| HN Mirror

Y	Hacker News new \| ask \| show \| jobs

by knaik94 1322 days ago

I am not sure sure what is causing it, but it takes a solid 2 to 3 minutes on my computer before it does anything. I load a file and it feels like it freezes and firefox gave me a warning banner that the tab was causing all of firefox to slow down. Same thing is Chrome and I have a i7-10750h. Some people might mistake that for it not working since there is not UI feedback of anything happening. Windows 10.

I got two different tracks to work, and it's clear that one was a lot harder to process than the other. It took noticeably more time on the second one, to start and the CPU utilization was higher as well. They were both instrumental tracks in the same format and around the same length. The one simpler to process was the instrumental of Britney Spear's Baby One More Time. The harder one was Porter Robinson's Divinity.

Neither audio had an effect similar to the one from the demo video, but were interesting regardless.

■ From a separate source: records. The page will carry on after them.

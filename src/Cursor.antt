-- ===== src/Cursor.antt =====
-- app/services/pagination.py: the cursors of a keyset position. A timestamp is in microseconds from
-- the first time of a `datetime` on.
pub mod RoundTrip
use sre_tab.Common.{
  ℕ, suc, Option, none, some, List, [], ◌∷◌, ◌++◌, Text, codes, text_eq, ◌==◌, ltb, leb, every,
  split, show_number, show_integer, ◌+◌, ◌-◌, ℤ, pos, negsuc, read_int, urlsafe_b64encode,
  urlsafe_b64decode, rstrip_padding, pad_again, if◌then◌else◌,
}

-- A timestamp and a row id.
abbrev pub Position : Type 0
Position = ℕ × ℕ

abbrev pub colon : ℕ
colon = b':'

-- `_VERSION`
abbrev pub version_text : Text
version_text = codes "1"

-- `_EPOCH`, and the last time of a `datetime`.
abbrev pub epoch : ℕ
epoch = 62135596800000000

abbrev pub last_time : ℕ
last_time = 315537897599999999

-- The microseconds from the epoch to a time.
unfoldable pub micros_of : ℕ → ℤ
micros_of at = if leb epoch at then pos (at - epoch) else negsuc (epoch - suc at)

-- What a cursor encodes; all of it is ASCII, so a character is a byte.
unfoldable pub cursor_payload : Position → Text
unfolding show_integer show_number micros_of
cursor_payload position =
    version_text ++ colon ∷ (show_integer (micros_of position.0) ++ colon ∷ show_number position.1)

unfoldable pub encode_cursor : Position → Text
unfolding cursor_payload
encode_cursor position = rstrip_padding (urlsafe_b64encode (cursor_payload position))

-- `_EPOCH + micros * _MICROSECOND`, none where that overflows.
unfoldable pub datetime_of : ℤ → Option ℕ
datetime_of (pos n) = if leb (epoch + n) last_time then some (epoch + n) else none
datetime_of (negsuc n) = if ltb n epoch then some (epoch - suc n) else none

-- A row id. No row has a negative one, so it stands before the same rows as 0.
unfoldable pub row_id_of : ℤ → ℕ
row_id_of (pos n) = n
row_id_of (negsuc n) = 0

-- The numbers of a payload, and the test of its version.
unfoldable pub read_position : Text → Option ℕ → Option ℤ → Option Position
unfolding row_id_of
read_position version none row_id = none
read_position version (some at) none = none
read_position version (some at) (some row_id) =
    if version == version_text then some (at, row_id_of row_id) else none

unfoldable pub datetime_read : Option ℤ → Option ℕ
unfolding datetime_of
datetime_read none = none
datetime_read (some micros) = datetime_of micros

-- `version, micros, row_id = payload.split(":")`, which needs three parts.
unfoldable pub read_parts : List Text → Option Position
unfolding read_position datetime_read read_int
read_parts (version ∷ micros ∷ row_id ∷ []) =
    read_position version (datetime_read (read_int micros)) (read_int row_id)
read_parts _ = none

-- Bytes that are ASCII; the digits of other scripts, which `int` reads too, are refused here.
unfoldable pub read_payload : Option (List ℕ) → Option Position
unfolding read_parts split every
read_payload none = none
read_payload (some payload) =
    if every (λ b. ltb b 128) payload then read_parts (split colon payload) else none

-- `none` is `InvalidCursorError`. A text that is not ASCII cannot be decoded.
unfoldable pub decode_cursor : Text → Option Position
unfolding read_payload pad_again urlsafe_b64decode every
decode_cursor cursor =
    if every (λ c. ltb c 128) cursor
    then read_payload (urlsafe_b64decode (pad_again cursor))
    else none
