-- ===== src/Cursor/RoundTrip.antt =====
-- A cursor decodes to the position that it encodes.
use sre_tab.Common.{
  ℕ, ◌+◌, ◌*◌, ◌/◌, ◌%◌, ◌≤◌, ◌<◌, ◌≡◌, refl, ap, ◌∙◌, true, some, List, [], ◌∷◌, Text, All,
  All-append, eqb, Bool-cases, inl, inr, leb→le, leb→lt, leb, ◌-◌, suc, show_integer,
  show_integer-All, IsNumeral, read_int-show_integer, if◌then◌else◌, pad, ltb, every, split, lacks,
  split-append, split-lacks, show_number, IsDigit, show_number-All, lacks-digits,
  read_int-show_number, char64, urlsafe_b64encode, rstrip_padding,
  urlsafe_b64decode-urlsafe_b64encode, arith, text_eq, eq_refl,
}
use sre_tab.Cursor.{
  Position, colon, version_text, last_time, cursor_payload, encode_cursor, read_parts, read_payload,
  decode_cursor, micros_of, datetime_of, datetime_read, epoch,
}

abbrev IsAscii : ℕ → Type 0
IsAscii c = c < 128

every-IsAscii : (s : Text) → All IsAscii s → every (λ c. ltb c 128) s ≡ true
unfolding every
every-IsAscii [] h = refl
every-IsAscii (c ∷ s) (h, hs) = rw (every-IsAscii s hs) (ground (arith, h))

digits-IsAscii : (s : Text) → All IsDigit s → All IsAscii s
digits-IsAscii [] h = tt
digits-IsAscii (c ∷ s) ((low, high), h) = (omega (arith, high), digits-IsAscii s h)

numerals-IsAscii : (s : Text) → All IsNumeral s → All IsAscii s
numerals-IsAscii [] h = tt
numerals-IsAscii (c ∷ s) ((low, high), h) = (omega (arith, high), numerals-IsAscii s h)

lacks-numerals : (s : Text) → All IsNumeral s → lacks colon s ≡ true
unfolding lacks
lacks-numerals [] h = refl
lacks-numerals (c ∷ s) ((low, high), h) = rw (lacks-numerals s h) (ground (arith, low, high))

cursor_payload-IsAscii : (position : Position) → All IsAscii (cursor_payload position)
unfolding cursor_payload
cursor_payload-IsAscii (at, row_id) = (
  omega arith,
  (
    omega arith,
    All-append IsAscii (show_integer (micros_of at)) (colon ∷ show_number row_id)
        (numerals-IsAscii (show_integer (micros_of at)) (show_integer-All (micros_of at)))
        (omega arith, digits-IsAscii (show_number row_id) (show_number-All row_id)),
  ),
)

char64-IsAscii : (v : ℕ) → IsAscii (char64 v)
unfolding char64
char64-IsAscii v = ground arith

urlsafe_b64encode-IsAscii : (bytes : List ℕ) → All IsAscii (urlsafe_b64encode bytes)
unfolding urlsafe_b64encode
urlsafe_b64encode-IsAscii [] = tt
urlsafe_b64encode-IsAscii (a ∷ []) =
    (char64-IsAscii (a / 4), (char64-IsAscii (a % 4 * 16), (omega arith, (omega arith, tt))))
urlsafe_b64encode-IsAscii (a ∷ b ∷ []) = (
  char64-IsAscii (a / 4),
  (char64-IsAscii (a % 4 * 16 + b / 16), (char64-IsAscii (b % 16 * 4), (omega arith, tt))),
)
urlsafe_b64encode-IsAscii (a ∷ b ∷ c ∷ bytes) = (
  char64-IsAscii (a / 4),
  (
    char64-IsAscii (a % 4 * 16 + b / 16),
    (
      char64-IsAscii (b % 16 * 4 + c / 64),
      (char64-IsAscii (c % 64), urlsafe_b64encode-IsAscii bytes),
    ),
  ),
)

rstrip_padding-All : (P : ℕ → Type 0) (s : Text) → All P s → All P (rstrip_padding s)
unfolding rstrip_padding
rstrip_padding-All P [] h = tt
rstrip_padding-All P (c ∷ s) (h, hs) = kept (rstrip_padding s) (rstrip_padding-All P s hs)
  where
    kept :
        (t : Text)
        → All P t
        → All P (elim t [ [] ↦ (if eqb c pad then [] else c ∷ []) | d ∷ u ↦ c ∷ d ∷ u ])
    kept [] g = elim (Bool-cases (eqb c pad)) [
      | inl same ↦ rw same tt
      | inr other ↦ rw other (h, tt)
    ]
    kept (d ∷ u) g = (h, g)

split-cursor_payload :
    (at row_id : ℕ)
    → split colon (cursor_payload (at, row_id))
      ≡ version_text ∷ show_integer (micros_of at) ∷ show_number row_id ∷ []
unfolding cursor_payload lacks
split-cursor_payload at row_id =
    split-append colon version_text _ refl
    ∙ ap (λ rest. version_text ∷ rest)
        (split-append colon (show_integer (micros_of at)) (show_number row_id)
            (lacks-numerals (show_integer (micros_of at)) (show_integer-All (micros_of at)))
          ∙ ap (λ rest. show_integer (micros_of at) ∷ rest)
              (split-lacks colon (show_number row_id)
                (lacks-digits colon (show_number row_id) refl (show_number-All row_id))))

datetime_of-micros_of : (at : ℕ) → at ≤ last_time → datetime_of (micros_of at) ≡ some at
unfolding datetime_of micros_of
datetime_of-micros_of at h = elim (Bool-cases (leb epoch at)) [
  | inl late ↦
      let back : epoch + (at - epoch) ≡ at = omega (arith, leb→le epoch at late) in
      rw late (ground (arith, back, h))
  | inr early ↦
      let back : epoch - suc (epoch - suc at) ≡ at = omega (arith, leb→lt epoch at early) in
      rw early (ground (arith, back))
]

as_bytes : (s : Text) → All IsAscii s → All (λ b. b < 256) s
as_bytes [] h = tt
as_bytes (c ∷ s) (h, hs) = (omega (arith, h), as_bytes s hs)

-- A position of a `datetime` is read back from its cursor.
pub decode_cursor-encode_cursor :
    (position : Position)
    → position.0 ≤ last_time
    → decode_cursor (encode_cursor position) ≡ some position
unfolding decode_cursor encode_cursor read_payload read_parts datetime_read
decode_cursor-encode_cursor (at, row_id) h =
    let bytes : All (λ b. b < 256) (cursor_payload (at, row_id)) =
      as_bytes (cursor_payload (at, row_id)) (cursor_payload-IsAscii (at, row_id)) in
    rw
      (
        every-IsAscii (rstrip_padding (urlsafe_b64encode (cursor_payload (at, row_id)))) (
            rstrip_padding-All IsAscii (urlsafe_b64encode (cursor_payload (at, row_id)))
              (urlsafe_b64encode-IsAscii (cursor_payload (at, row_id)))),
        urlsafe_b64decode-urlsafe_b64encode (cursor_payload (at, row_id)) bytes,
        every-IsAscii (cursor_payload (at, row_id)) (cursor_payload-IsAscii (at, row_id)),
        split-cursor_payload at row_id,
        read_int-show_integer (micros_of at),
        datetime_of-micros_of at h,
        read_int-show_number row_id,
        eq_refl {K = Text} version_text,
      )
      refl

They both looked like how I imagine sound waves echo and bounce around if contained in a cube shape.

I appreciate the notebook writeup where you described the goals because the visualization wasn't inherently intuitive with the sound. I chose much more complex tones than your demo. I imagine the feature extraction is much easier on isolated sounds. This reminds me a lot of project milkdrop and so I was expecting it to be closer to that but in 3d. That was probably a misunderstanding on my part of the goals for this.

I think exposing more parameters about how features get mapped and scaled would be really helpful in making it feel more intuitive. Zooming the cube in and out is nice but didn't seem to help convey more information with the tracks I chose. If anything it got in the way because on my computer the zoom sensitivity was very very high.

I look forward to seeing where this goes.

1 comments

rslice 1322 days ago

Thank you for your thoughtful comment! This is by no means a product, it's more of a way for me to test an idea and share it with the community.

This demo is meant for small audio samples. My initial goal was to use it to visualize and compare drum samples by looking at their 'spatial signature'.

Right now, I'm using arbitrarily defined 'shapes' (sphere and tube) but the goal is to recover those from real-world data. Unfortunately, building the appropriate data-set and the model to go with it is currently out of my reach but I know that's how my brain sort of learned these audio/spatial associations.

In order for this to work on complete tracks, I would need to add source separation, transcription and some form of information compression.

Additionally, I'm working on ways to deal with richer sounds, by laying them out in space or by splitting them into 'voices of unison'. Here's a demo of what it would look like: https://imgur.com/gallery/gkFPXXu

There are two directions I could take this, either making music from interacting with spatial representations or building spatial representations from music. I don't have the bandwidth to do both alone so I would love to work on it with other developers.